SA51C-2430
Performance Characterization of the Atmospheric Velocity Imaging Detector (AVID)

Friday, 18 December 2015
Poster Hall (Moscone South)
James D Gardiner, Space Dynamics Laboratory, North Logan, UT, United States
Abstract:
Central to the improvement of upper atmospheric models is a dramatic expansion in current understanding of the coupling and dynamics within the Ionosphere / Thermosphere (IT) system. Conventional in situ measurement techniques using energy scanning and analog current detection are limited by poor sensitivity and have produced incomplete datasets.

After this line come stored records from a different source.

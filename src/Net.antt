-- ===== src/Net.antt =====
-- The functions of package net on addresses that internal/discovery, internal/lsserver and
-- internal/localsend call. The callers of net.SplitHostPort do not tell its errors apart.
pub mod Ports
use localsend_nas.Prelude.{
  suc, ◌++◌, ℤ, pos, negsuc, decimal, ℕ, Bool, true, false, not, ◌&&◌, ◌||◌, List, [], ◌∷◌, Option,
  none, some, Str, contains_byte, cut, ◌==◌, if◌then◌else◌,
}

abbrev pub colon : ℕ
colon = 0x3a

abbrev pub left_bracket : ℕ
left_bracket = 0x5b

abbrev pub right_bracket : ℕ
right_bracket = 0x5d

abbrev pub has_bracket : Str → Bool
has_bracket s = contains_byte s left_bracket || contains_byte s right_bracket

-- What follows the host: the last colon of the address, and the port.
abbrev pub port_behind : Str → Str → Option (Str × Str)
port_behind host [] = none
port_behind host (c ∷ port) =
    if c == colon && not (contains_byte port colon) && not (has_bracket port)
    then some (host, port)
    else none

-- An address behind "[": the host ends at the first "]".
abbrev pub bracketed : Str → Option (Str × Str)
bracketed s = elim (cut right_bracket s) [
  | none ↦ none
  | some (host, rest) ↦ if contains_byte host left_bracket then none else port_behind host rest
]

-- An address without brackets: its only colon is in front of the port.
abbrev pub plain : Str → Option (Str × Str)
plain s = elim (cut colon s) [
  | none ↦ none
  | some (host, port) ↦
      if contains_byte port colon || has_bracket host || has_bracket port
      then none
      else some (host, port)
]

unfoldable pub split_host_port : Str → Option (Str × Str)
unfolding cut
split_host_port [] = none
split_host_port (c ∷ s) = if c == left_bracket then bracketed s else plain (c ∷ s)

-- fmt.Sprint of an int.
abbrev pub decimal_int : ℤ → Str
decimal_int (pos n) = decimal n
decimal_int (negsuc n) = 0x2d ∷ decimal (suc n)

-- net.JoinHostPort
abbrev pub join_host_port : Str → Str → Str
join_host_port host port =
    if contains_byte host colon
    then left_bracket ∷ (host ++ (right_bracket ∷ colon ∷ port))
    else host ++ (colon ∷ port)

The Atmospheric Velocity Imaging Detector (AVID) overcomes the limitations of current instruments through the use of two orthogonally mounted Imaging Dispersive Energy Analyzers (IDEAs) which share a single pulse-counting ion detector. The second-generation IDEA design uses inexpensive and lightweight printed circuit boards, with parallel exposed copper traces connected via resistors to generate a highly uniform deflection field. This arrangement allows AVID to make accurate and sensitive in situ measurements of neutral wind / ion drift velocities, temperature, density, and composition, with no voltage scanning required. We present results from the development progress of AVID, through laboratory testing and characterization of an individual IDEA unit when exposed to angle-resolved hypervelocity ion beams emulating 4.7 eV O and 8.2 eV N2. Through these measurements, the projected performance of the AVID system and recently developed image processing algorithms are compared against SIMION ion trajectory calculations and Monte Carlo simulations.